# RV/Camping trailer lighting project – Need help



## 5kids (Sep 1, 2008)

I have a travel trailer that I would like to replace many of the standard “921” 18 watt incandescent lights with LED lighting of equal brightness. I often “dry” camp without a generator, so battery life is a real concern for me. I figure more than half of my battery power is used for lighting, so I’d like to reduce that as much as possible so I can run longer on my battery.

I’ve tried a DX sku 3874 28 LED module that works OK, but its not as bright, and has as a bluish tint to it that my wife nor I like. I know that a high flux SSC or Cree LED would be ideal, however I haven’t had any luck finding an affordable driver that is rated for 12V automotive use. I appreciate any help for driver selection and wiring. I would prefer to run the dual fixtures off of one driver. A 2 mode driver would be ok for high and low brightness, what I don’t want is SOS and strobe.
I have 4 single and 4 dual fixtures that I’d like to modify that look like this.






DX model I tried


----------



## 5kids (Sep 1, 2008)

Reserved for posting project update:thinking:


----------



## R33E8 (Sep 1, 2008)

You can make you own driver for high brightness LEDs using a LM317 for like $2 .. It's not the most efficient route but it is definitely cheap and easy to build.

I made my own using this tutorial


----------



## ambientmind (Sep 2, 2008)

I built some replacement bulbs for my dad's camper with these:
http://www.dealextreme.com/details.dx/sku.13553
and some cree Q5s. they also have these if you can provide enough heatsinking for the led:
http://www.dealextreme.com/details.dx/sku.13557


----------



## 5kids (Sep 2, 2008)

ambientmind, how did they work out for your dad's camper? Any pics? Did you use the 1W or 3W driver? Did you use any type of diffuser, other than the fixture cover? I figure a Star emitter will be easiest to work with, can you recommend a DX sku? 
How much heat sinking will I need for a 3W? The fixture is kind of slim, but long and wide, which won't leave much room for a bulky heatsink, but plenty of room for an aluminum strip. If I'm not driving it at 3W, then will a premium Q5 have any advantage?
Sorry for all the questions, but this will be my first build.


----------



## Eugene (Oct 14, 2008)

there are pre-made led interior lights 
http://www.truck-lite.com/webapp/wc...0001&storeId=10001&categoryId=10325&langId=-1


----------



## Ken_McE (Oct 15, 2008)

_"I often “dry” camp without a generator, so battery life is a real concern for me. I figure more than half of my battery power is used for lighting, so I’d like to reduce that as much as possible so I can run longer on my battery."
_
Rooftop solar panel?


----------



## 5kids (Oct 16, 2008)

I've already go 60 watts of solar panels, which really helps top of the battery. When I'm in wooded areas, the solar doesn't work so great because of shade. Last year we spent 5 nights at Silver Strand State beach on Coronado Island, and the solar panels gave us a nearly a full charge going into every night.
I just went camping this past weekend (in the woods) and ran the battery dead on the second night, so now I'm planning to replace my 1x12v battery with 2x6v batteries, which will about triple my battery capacity. While we were camping, I put my Fenix L1DQ5 in one of the light fixtures to see how my wife likes the output and color... and she liked it, so now I'm pretty certain what I need to do (3W Q5's).


----------



## Ken_McE (Oct 16, 2008)

5kids said:


> I just went camping this past weekend (in the woods) and ran the battery dead on the second night, so now I'm planning to replace my 1x12v battery with 2x6v batteries, which will about triple my battery capacity.

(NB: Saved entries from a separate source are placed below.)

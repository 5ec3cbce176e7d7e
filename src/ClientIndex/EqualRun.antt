-- ===== src/ClientIndex/EqualRun.antt =====
-- The rows that evalEq of web/src/lib/client-index.ts collects from the bound on are exactly those that
-- hold the text.
use tableverse.Prelude.{
  ℕ, zero, suc, ◌≤◌, ◌<◌, ◌≡◌, refl, sym, ◌∙◌, List, [], ◌∷◌, Bool, true, false, ◌&&◌, Text, length,
  take, drop, take-append-drop, arith, inl, inr, Bool-cases,
}
use tableverse.Prelude.Radix.{All, All-map}
use tableverse.ClientIndex.{
  text_less, text_equal, sorted_text, is_before, lower_bound, equal_run, sort_rows, is_in,
}
use tableverse.ClientIndex.Rows.{is_in-append, is_in-insert_all}
use tableverse.ClientIndex.Sorted.{
  text_less_trans, text_less_or_equal, text_equal→eq, text_less_irrefl, text_at, get-text_at,
  Ascending, InBounds, before_at, IsBound, lower_bound-IsBound,
}

-- Whether a row holds a text.
abbrev pub holds : List Text → Text → ℕ → Bool
holds xs value row = text_equal (text_at xs row) value

-- Rows that all are not the value have none that holds it.
none_holds :
    (xs : List Text) (value : Text) (i : ℕ) (rows : List ℕ)
    → All (λ row. holds xs value row ≡ false) rows
    → (is_in i rows && holds xs value i) ≡ false
unfolding is_in
none_holds xs value i [] h = refl
none_holds xs value i (row ∷ rows) h = ground (arith, h.0, none_holds xs value i rows h.1)

less_not_equal : (s t : Text) → text_less s t ≡ true → text_equal s t ≡ false
less_not_equal s t h = elim (Bool-cases (text_equal s t)) [
  | inl e ↦ let same = text_equal→eq s t e in let not_less = text_less_irrefl s in cc
  | inr e ↦ e
]

-- A text that is not before one behind the value is not the value.
greater_not_equal :
    (l r v : Text) → text_less l r ≡ false → text_less v r ≡ true → text_equal l v ≡ false
greater_not_equal l r v h k = elim (Bool-cases (text_equal l v)) [
  | inl e ↦ let same = text_equal→eq l v e in cc
  | inr e ↦ e
]

equal_run-holds :
    (xs : List Text) (value : Text) (i : ℕ) (rows : List ℕ)
    → InBounds xs rows
    → Ascending xs rows
    → All (λ row. text_less (text_at xs row) value ≡ false) rows
    → is_in i (equal_run xs rows value) ≡ (is_in i rows && holds xs value i)
unfolding equal_run is_in
equal_run-holds xs value i [] inside order above = refl
equal_run-holds xs value i (row ∷ rows) inside order above =
    let at = get-text_at xs row inside.0 in
    elim (Bool-cases (holds xs value row)) [
      | inl e ↦
          rw (equal_run, at, e)
            (ground (arith, e, equal_run-holds xs value i rows inside.1 order.1 above.1))
      | inr e ↦
          let behind = text_less_or_equal (text_at xs row) value above.0 e in
          rw (equal_run, at, e)
            (sym (
              none_holds xs value i (row ∷ rows) (
                e,
                All-map rows
                    (λ l h. greater_not_equal (text_at xs l) (text_at xs row) value h behind)
                    order.0,
              )))
    ]

before_at-first :
    (xs : List Text) (row : ℕ) (rows : List ℕ) (value : Text)
    → row < length xs
    → before_at xs (row ∷ rows) value 0 ≡ text_less (text_at xs row) value
unfolding sorted_text is_before
before_at-first xs row rows value h = rw (is_before, sorted_text, get-text_at xs row h) refl

-- The places below a bound and those from it on, as the rows at them.
All-take :
    (xs : List Text) (value : Text) (r : ℕ) (rows : List ℕ)
    → InBounds xs rows
    → ((p : ℕ) → p < r → p < length rows → before_at xs rows value p ≡ true)
    → All (λ row. text_less (text_at xs row) value ≡ true) (take r rows)
unfolding sorted_text is_before
All-take xs value zero rows inside h = tt
All-take xs value (suc r) [] inside h = tt
All-take xs value (suc r) (row ∷ rows) inside h = (
  sym (before_at-first xs row rows value inside.0) ∙ h 0 (omega arith) (omega arith),
  All-take xs value r rows inside.1 (λ p k l. h (suc p) (omega arith) (omega arith)),
)

All-drop :
    (xs : List Text) (value : Text) (r : ℕ) (rows : List ℕ)
    → InBounds xs rows
    → ((p : ℕ) → r ≤ p → p < length rows → before_at xs rows value p ≡ false)
    → All (λ row. text_less (text_at xs row) value ≡ false) (drop r rows)
unfolding sorted_text is_before
All-drop xs value zero [] inside h = tt
All-drop xs value zero (row ∷ rows) inside h = (
  sym (before_at-first xs row rows value inside.0) ∙ h 0 (omega arith) (omega arith),
  All-drop xs value zero rows inside.1 (λ p k l. h (suc p) (omega arith) (omega arith)),
)
All-drop xs value (suc r) [] inside h = tt
All-drop xs value (suc r) (row ∷ rows) inside h =
    All-drop xs value r rows inside.1 (λ p k l. h (suc p) (omega arith) (omega arith))

drop-Ascending :
    (xs : List Text) (r : ℕ) (rows : List ℕ) → Ascending xs rows → Ascending xs (drop r rows)
drop-Ascending xs zero rows h = h
drop-Ascending xs (suc r) [] h = tt
drop-Ascending xs (suc r) (row ∷ rows) h = drop-Ascending xs r rows h.1

drop-InBounds :
    (xs : List Text) (r : ℕ) (rows : List ℕ) → InBounds xs rows → InBounds xs (drop r rows)
drop-InBounds xs zero rows h = h
drop-InBounds xs (suc r) [] h = tt
drop-InBounds xs (suc r) (row ∷ rows) h = drop-InBounds xs r rows h.1

-- Among rows that are not before a text, one before the value shows that the text is.
before_at-later :
    (xs : List Text) (s value : Text) (q : ℕ) (rows : List ℕ)
    → InBounds xs rows
    → All (λ later. text_less (text_at xs later) s ≡ false) rows
    → q < length rows
    → before_at xs rows value q ≡ true
    → text_less s value ≡ true
unfolding sorted_text is_before
before_at-later xs s value q [] inside h k e = absurd (omega arith)
before_at-later xs s value zero (row ∷ rows) inside h k e =
    text_less_trans s (text_at xs row) value h.0
      (sym (before_at-first xs row rows value inside.0) ∙ e)
before_at-later xs s value (suc q) (row ∷ rows) inside h k e =
    before_at-later xs s value q rows inside.1 h.1 (omega arith) e

before_at_mono :
    (xs : List Text) (value : Text) (rows : List ℕ)
    → InBounds xs rows
    → Ascending xs rows
    → (p q : ℕ) → p ≤ q
    → q < length rows
    → before_at xs rows value q ≡ true
    → before_at xs rows value p ≡ true
unfolding sorted_text is_before
before_at_mono xs value [] inside order p q h k e = absurd (omega arith)
before_at_mono xs value (row ∷ rows) inside order zero zero h k e = e
before_at_mono xs value (row ∷ rows) inside order zero (suc q) h k e =
    before_at-first xs row rows value inside.0
    ∙ before_at-later xs (text_at xs row) value q rows inside.1 order.0 (omega arith) e
before_at_mono xs value (row ∷ rows) inside order (suc p) zero h k e = absurd (omega arith)
before_at_mono xs value (row ∷ rows) inside order (suc p) (suc q) h k e =
    before_at_mono xs value rows inside.1 order.1 p q (omega arith) (omega arith) e

run_from-holds :
    (xs : List Text) (value : Text) (i r : ℕ) (sorted : List ℕ)
    → InBounds xs sorted
    → Ascending xs sorted
    → IsBound xs sorted value r
    → is_in i (equal_run xs (drop r sorted) value) ≡ (is_in i sorted && holds xs value i)
run_from-holds xs value i r sorted inside order bound =
    let low = none_holds xs value i (take r sorted) (
      All-map (take r sorted) (λ l h. less_not_equal (text_at xs l) value h)
        (All-take xs value r sorted inside bound.below)) in
    let high =
      equal_run-holds xs value i (drop r sorted) (drop-InBounds xs r sorted inside)
        (drop-Ascending xs r sorted order) (All-drop xs value r sorted inside bound.above) in
    let both = is_in-append i (take r sorted) (drop r sorted) in
    high ∙ ground (arith, low, both, take-append-drop r sorted)

-- The search and the run find the rows of the order that hold the value, and the final sort keeps them.
pub search-holds :
    (xs : List Text) (value : Text) (i : ℕ) (sorted : List ℕ)
    → InBounds xs sorted
    → Ascending xs sorted
    → is_in i (
        sort_rows (
          equal_run xs
            (drop (lower_bound (length sorted) xs sorted value 0 (length sorted)) sorted)
            value))
      ≡ (is_in i sorted && holds xs value i)
unfolding sort_rows is_in
search-holds xs value i sorted inside order =
    let bound =
      lower_bound-IsBound (length sorted) xs sorted value 0 (length sorted)
        (before_at_mono xs value sorted inside order) (omega arith) (omega arith)
        (λ p h k. absurd (omega arith)) (λ p h k. absurd (omega arith)) in
    let r = lower_bound (length sorted) xs sorted value 0 (length sorted) in
    ground (
      arith,
      is_in-insert_all i (equal_run xs (drop r sorted) value) [],
      run_from-holds xs value i r sorted inside order bound,
    )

You might take a peek at the Optima Yellowtop batteries.


----------



## 5kids (Oct 6, 2009)

Ok, this is an old thread, but I'm still working very slowly on this.

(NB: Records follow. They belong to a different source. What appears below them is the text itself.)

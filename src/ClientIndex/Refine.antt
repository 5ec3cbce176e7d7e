-- ===== src/ClientIndex/Refine.antt =====
-- The filters of web/src/lib/client-index.ts select exactly the rows that hold.
use tableverse.Prelude.{
  ℕ, zero, suc, ◌+◌, ◌≡◌, ◌<◌, refl, sym, ◌∙◌, List, [], ◌∷◌, Option, none, some, Bool, true, false,
  not, ◌&&◌, Text, text_key, length, ltb, leb, arith, inl, inr, Option-cases,
}
use tableverse.Prelude.Dict
use tableverse.ViewExpr.{
  Literal, null, boolean, number, string, Predicate, Predicates, eq, ne, gt, gte, lt, lte, between,
  in_values, not_in, contains, starts_with, ends_with, regex, is_null, is_not_null, and, or, nil,
  cons,
}
use tableverse.ClientIndex.{
  floats, strings, Numbers, Comparison, cmp_gt, cmp_gte, cmp_lt, cmp_lte, ClientIndex, text_equal,
  has_prefix, has_suffix, includes, is_in, rows_or_none, matching_from, rows_from, all_rows,
  eval_cmp, eval_eq, eval_eqs, eval_str_match, eval_regex, eval_null, eval_pred, eval_and, eval_or,
  union, intersect, complement,
}
use tableverse.ClientIndex.Rows.{is_in-intersect, is_in-complement, is_in-union, in_any}
use tableverse.ClientIndex.Sorted.{text_at, get-text_at}
use tableverse.ClientIndex.EqualRun.{search-holds}
use tableverse.ClientIndex.Rowwise.{
  passes, col_length, IsIndexed, row_cmp, row_eq, row_eq_any, row_match, row_regex, row_null,
  row_holds, all_hold, any_holds,
}

matching_from-below :
    {A : Type 0} (test : A → Bool) (i k : ℕ) (xs : List A)
    → i < k
    → is_in i (matching_from test k xs) ≡ false
unfolding is_in matching_from
matching_from-below test i k [] h = refl
matching_from-below test i k (x ∷ xs) h = ground (arith, matching_from-below test i (suc k) xs)

is_in-matching_from :
    {A : Type 0} (test : A → Bool) (i k j : ℕ) (xs : List A)
    → i ≡ j + k
    → is_in i (matching_from test k xs) ≡ passes test xs j
unfolding is_in matching_from passes
is_in-matching_from test i k j [] h = refl
is_in-matching_from test i k zero (x ∷ xs) h =
    ground (arith, h, matching_from-below test i (suc k) xs (omega arith))
is_in-matching_from test i k (suc j) (x ∷ xs) h =
    ground (arith, h, is_in-matching_from test i (suc k) j xs (omega arith))

is_in-rows_from : (i k n : ℕ) → is_in i (rows_from k n) ≡ (leb k i && ltb i (k + n))
unfolding is_in rows_from
is_in-rows_from i k zero = ground arith
is_in-rows_from i k (suc n) = ground (arith, is_in-rows_from i (suc k) n)

passes-text_at :
    (s : Text) (xs : List Text) (i : ℕ)
    → i < length xs
    → passes (λ t. text_equal t s) xs i ≡ text_equal (text_at xs i) s
unfolding passes
passes-text_at s xs i h = rw (passes, get-text_at xs i h) refl

module _ {N : Type 0} (numbers : Numbers N) (new_regex : Text → Option (Text → Bool))
    (index : ClientIndex N) (i : ℕ) (inside : i < index.total_rows) where
  is_in-all_rows : is_in i (all_rows numbers new_regex index) ≡ true
  unfolding all_rows
  is_in-all_rows = ground (arith, is_in-rows_from i 0 index.total_rows)

  is_in-eval_cmp :
      (c : Text) (v : Literal N) (op : Comparison)
      → is_in i (eval_cmp numbers new_regex index c v op) ≡ row_cmp numbers new_regex index c v op i
  unfolding eval_cmp row_cmp
  is_in-eval_cmp c (number n) op = elim (Option-cases (Dict.get c index.cols)) [
    | inl out ↦ rw (eval_cmp, row_cmp, out) is_in-all_rows
    | inr (floats xs, here) ↦
        rw (eval_cmp, row_cmp, here) (is_in-matching_from _ i 0 i xs (omega arith))
    | inr (strings xs, here) ↦ rw (eval_cmp, row_cmp, here) is_in-all_rows
  ]
  is_in-eval_cmp c null op = is_in-all_rows
  is_in-eval_cmp c (boolean b) op = is_in-all_rows
  is_in-eval_cmp c (string s) op = is_in-all_rows

  is_in-eval_str_match :
      (c : Text) (test : Text → Bool)
      → is_in i (eval_str_match numbers new_regex index c test)
        ≡ row_match numbers new_regex index c test i
  unfolding eval_str_match row_match
  is_in-eval_str_match c test = elim (Option-cases (Dict.get c index.cols)) [
    | inl out ↦ rw (eval_str_match, row_match, out) is_in-all_rows
    | inr (floats xs, here) ↦ rw (eval_str_match, row_match, here) is_in-all_rows
    | inr (strings xs, here) ↦
        rw (eval_str_match, row_match, here) (is_in-matching_from _ i 0 i xs (omega arith))
  ]

  is_in-eval_null :
      (c : Text) (want : Bool)
      → is_in i (eval_null numbers new_regex index c want)
        ≡ row_null numbers new_regex index c want i
  unfolding eval_null row_null
  is_in-eval_null c want = elim (Option-cases (Dict.get c index.cols)) [
    | inl out ↦ rw (eval_null, row_null, out) is_in-all_rows
    | inr (floats xs, here) ↦
        rw (eval_null, row_null, here) (is_in-matching_from _ i 0 i xs (omega arith))
    | inr (strings xs, here) ↦
        rw (eval_null, row_null, here) (is_in-matching_from _ i 0 i xs (omega arith))
  ]

  is_in-eval_eq :
      IsIndexed index
      → (c : Text) (v : Literal N)
      → is_in i (eval_eq numbers new_regex index c v) ≡ row_eq numbers new_regex index c v i
  unfolding eval_eq row_eq col_length
  is_in-eval_eq h c (number n) = elim (Option-cases (Dict.get c index.cols)) [
    | inl out ↦ rw (eval_eq, row_eq, out) is_in-all_rows
    | inr (floats xs, here) ↦
        rw (eval_eq, row_eq, here) (is_in-matching_from _ i 0 i xs (omega arith))
    | inr (strings xs, here) ↦ rw (eval_eq, row_eq, here) is_in-all_rows
  ]
  is_in-eval_eq h c (string s) = elim (Option-cases (Dict.get c index.cols)) [
    | inl out ↦ rw (eval_eq, row_eq, out) is_in-all_rows
    | inr (floats xs, here) ↦ rw (eval_eq, row_eq, here) is_in-all_rows
    | inr (strings xs, here) ↦
        rw (eval_eq, row_eq, here)
          (let sorted = rows_or_none (Dict.get c index.sorted_idx) in
            let total : i < length xs = omega (arith, h.lengths c (strings xs) here) in
            search-holds xs s i sorted (h.orders c xs here).inside (h.orders c xs here).ascending
            ∙ rw ((h.orders c xs here).complete i inside) (sym (passes-text_at s xs i total)))
  ]
  is_in-eval_eq h c null = elim (Option-cases (Dict.get c index.cols)) [
    | inl out ↦ rw (eval_eq, row_eq, out) is_in-all_rows
    | inr (floats xs, here) ↦ rw (eval_eq, row_eq, here) is_in-all_rows
    | inr (strings xs, here) ↦ rw (eval_eq, row_eq, here) is_in-all_rows
  ]
  is_in-eval_eq h c (boolean b) = elim (Option-cases (Dict.get c index.cols)) [
    | inl out ↦ rw (eval_eq, row_eq, out) is_in-all_rows
    | inr (floats xs, here) ↦ rw (eval_eq, row_eq, here) is_in-all_rows
    | inr (strings xs, here) ↦ rw (eval_eq, row_eq, here) is_in-all_rows
  ]

  is_in-eval_regex :
      (c : Text) (o : Option (Text → Bool))
      → is_in i (eval_regex numbers new_regex index c o) ≡ row_regex numbers new_regex index c o i
  unfolding eval_regex row_regex
  is_in-eval_regex c none = is_in-all_rows
  is_in-eval_regex c (some test) = is_in-eval_str_match c test

  in_any-eval_eqs :
      IsIndexed index
      → (c : Text) (vs : List (Literal N))
      → in_any i (eval_eqs numbers new_regex index c vs) ≡ row_eq_any numbers new_regex index c vs i
  unfolding in_any eval_eqs row_eq_any
  in_any-eval_eqs h c [] = refl
  in_any-eval_eqs h c (v ∷ vs) = rw (is_in-eval_eq h c v, in_any-eval_eqs h c vs) refl

  in_values-row :
      IsIndexed index
      → (c : Text) (vs : List (Literal N))
      → is_in i (union (eval_eqs numbers new_regex index c vs))
        ≡ row_eq_any numbers new_regex index c vs i
  in_values-row h c vs =
      is_in-union i (eval_eqs numbers new_regex index c vs) ∙ in_any-eval_eqs h c vs

  -- The rows that are not selected.
  is_in-complement_row :
      (rows : List ℕ) (b : Bool)
      → is_in i rows ≡ b
      → is_in i (complement rows index.total_rows) ≡ not b
  is_in-complement_row rows b h = ground (arith, h, is_in-complement i rows index.total_rows)

  mutual
    unfolding eval_pred eval_and eval_or row_holds all_hold any_holds in_any

    is_in-eval_pred_row :
        IsIndexed index
        → (p : Predicate N)
        → is_in i (eval_pred numbers new_regex index p) ≡ row_holds numbers new_regex index p i
    is_in-eval_pred_row h (eq c v) = is_in-eval_eq h c v
    is_in-eval_pred_row h (ne c v) = is_in-complement_row _ _ (is_in-eval_eq h c v)
    is_in-eval_pred_row h (gt c v) = is_in-eval_cmp c v cmp_gt
    is_in-eval_pred_row h (gte c v) = is_in-eval_cmp c v cmp_gte
    is_in-eval_pred_row h (lt c v) = is_in-eval_cmp c v cmp_lt
    is_in-eval_pred_row h (lte c v) = is_in-eval_cmp c v cmp_lte
    is_in-eval_pred_row h (between c lo hi) =
        is_in-intersect i (eval_cmp numbers new_regex index c lo cmp_gte)
          (eval_cmp numbers new_regex index c hi cmp_lte)
        ∙ rw (is_in-eval_cmp c lo cmp_gte, is_in-eval_cmp c hi cmp_lte) refl
    is_in-eval_pred_row h (in_values c vs) = in_values-row h c vs
    is_in-eval_pred_row h (not_in c vs) = is_in-complement_row _ _ (in_values-row h c vs)
    is_in-eval_pred_row h (contains c v) = is_in-eval_str_match c (includes v)
    is_in-eval_pred_row h (starts_with c v) = is_in-eval_str_match c (has_prefix v)
    is_in-eval_pred_row h (ends_with c v) = is_in-eval_str_match c (has_suffix v)
    is_in-eval_pred_row h (regex c pattern) = is_in-eval_regex c (new_regex pattern)
    is_in-eval_pred_row h (is_null c) = is_in-eval_null c true
    is_in-eval_pred_row h (is_not_null c) = is_in-eval_null c false
    is_in-eval_pred_row h (and es) =
        is_in-eval_and h (all_rows numbers new_regex index) es ∙ rw is_in-all_rows refl
    is_in-eval_pred_row h (or es) =
        is_in-union i (eval_or numbers new_regex index es) ∙ in_any-eval_or h es
    is_in-eval_pred_row h (Predicate.not e) = is_in-complement_row _ _ (is_in-eval_pred_row h e)

    is_in-eval_and :
        IsIndexed index
        → (r : List ℕ) (es : Predicates N)
        → is_in i (eval_and numbers new_regex index r es)
          ≡ (is_in i r && all_hold numbers new_regex index es i)
    is_in-eval_and h r nil = ground arith
    is_in-eval_and h r (cons e es) =
        is_in-eval_and h (intersect r (eval_pred numbers new_regex index e)) es
        ∙ ground (
          arith,
          is_in-intersect i r (eval_pred numbers new_regex index e),
          is_in-eval_pred_row h e,
        )

    in_any-eval_or :
        IsIndexed index
        → (es : Predicates N)
        → in_any i (eval_or numbers new_regex index es) ≡ any_holds numbers new_regex index es i
    in_any-eval_or h nil = refl
    in_any-eval_or h (cons e es) = rw (is_in-eval_pred_row h e, in_any-eval_or h es) refl

-- On an index whose columns are complete and whose orders are sorted, a filter selects a row of the
-- index exactly if the row passes the predicate by itself.
pub is_in-eval_pred :
    {N : Type 0} (numbers : Numbers N) (new_regex : Text → Option (Text → Bool))
    (index : ClientIndex N) (p : Predicate N) (i : ℕ)
    → IsIndexed index
    → i < index.total_rows
    → is_in i (eval_pred numbers new_regex index p) ≡ row_holds numbers new_regex index p i
is_in-eval_pred numbers new_regex index p i h inside =
    is_in-eval_pred_row numbers new_regex index i inside h p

I ordered some DX# 13557 1x3 watt 12v drivers
and DX # 2394 Q5 (WD) LED's on star.

I attached the LED's to some old UPS heat sinks and ran the LED's for a couple of days. I mounted 1x3W LED to a heat sink and 2x3W LED. The driver did fine with both, the light output was great. I used my Harbor Freight IR thermometer to do a temperature check and the 1x3W peaked at about 105°F and the 2x3W peaked at 115°F, ambient temperature of about 80°F. The heat sinks are rather large and do a great job of dissapating heat, as they get warm on all surfaces, even 1-2 inches from the LED.

My test with the Q5 WD tint did not go well in the the SAF (Spousal Approval Factor). She called the lights those "Scary blue lights". I'm now looking to source some warm (very warm) 3W LED's. DX doesn't have any warm Cree's. I'm posting in the LED WTB for Warm LED's, star mounted.


----------



## Eugene (Oct 6, 2009)

I have to rebuild the rear wall of my camper before I can start on lights.


----------



## Seabass_onCPF (Oct 28, 2010)

I would advise you to stay away from the optima yellow tops for a "house" battery on your camper. Especially if you are already heading in the right direction of going with the big 6 volts. I've killed about three of the yellow tops on the same truck in a year. Optimas have tanked in the quality department in my opinion. Ask around or google if you care to. I've been told that they have taken care of thier issues but I'd let others find out before I buy another...


----------



## 5kids (Oct 29, 2010)

Another update, I picked up a bunch of warm crees on stars from Market Place and used the DX driver to wire 2 LED in series for double light fixtures and just 1 LED for single fixtures. I used some flat aluminum plate as heat sinks to mount the LED's to. I've used these for about 20 nights so far without any issues, and battery drain is about 1/6th the amount of the incadecent lights. Heat emitted is far less, in fact the ceiling of my trailer was discolored from heat from the light fixtures.

I wanted to used old computer heat sinks, but the fins made it dificult to mount to the light fixture, so I just used some flat aluminum plate. Drilling and tapping the aluminum plate took more time then I had at the time, so I used some double-sided tape to attach it to the fixtures and they're holding just fine. The LED Stars are held by screws to the aluminum plate, with heat sink compound.

Regarding batteries. I wanted to go with 2x6v batteries for extra capacity, but I found out that my Local Interstate distribution warehouse sells refurbished or older stock batteries at a significant discount. I went down there to see what they had and they had some 6 month old 12v group 27 boat batteries that they pulled off the shelf, peeled the fancy label off, put their ECONOBATTERY label on and sold me 2 batteries for $25 each that were origonally $120 batteries each. I check the voltage first and they weren't discharged all that much. I've been using these for the past 19 months off/on and keep them on my BatteryMinder when I'm not using them. Obviously I have them wired in Parallel.


----------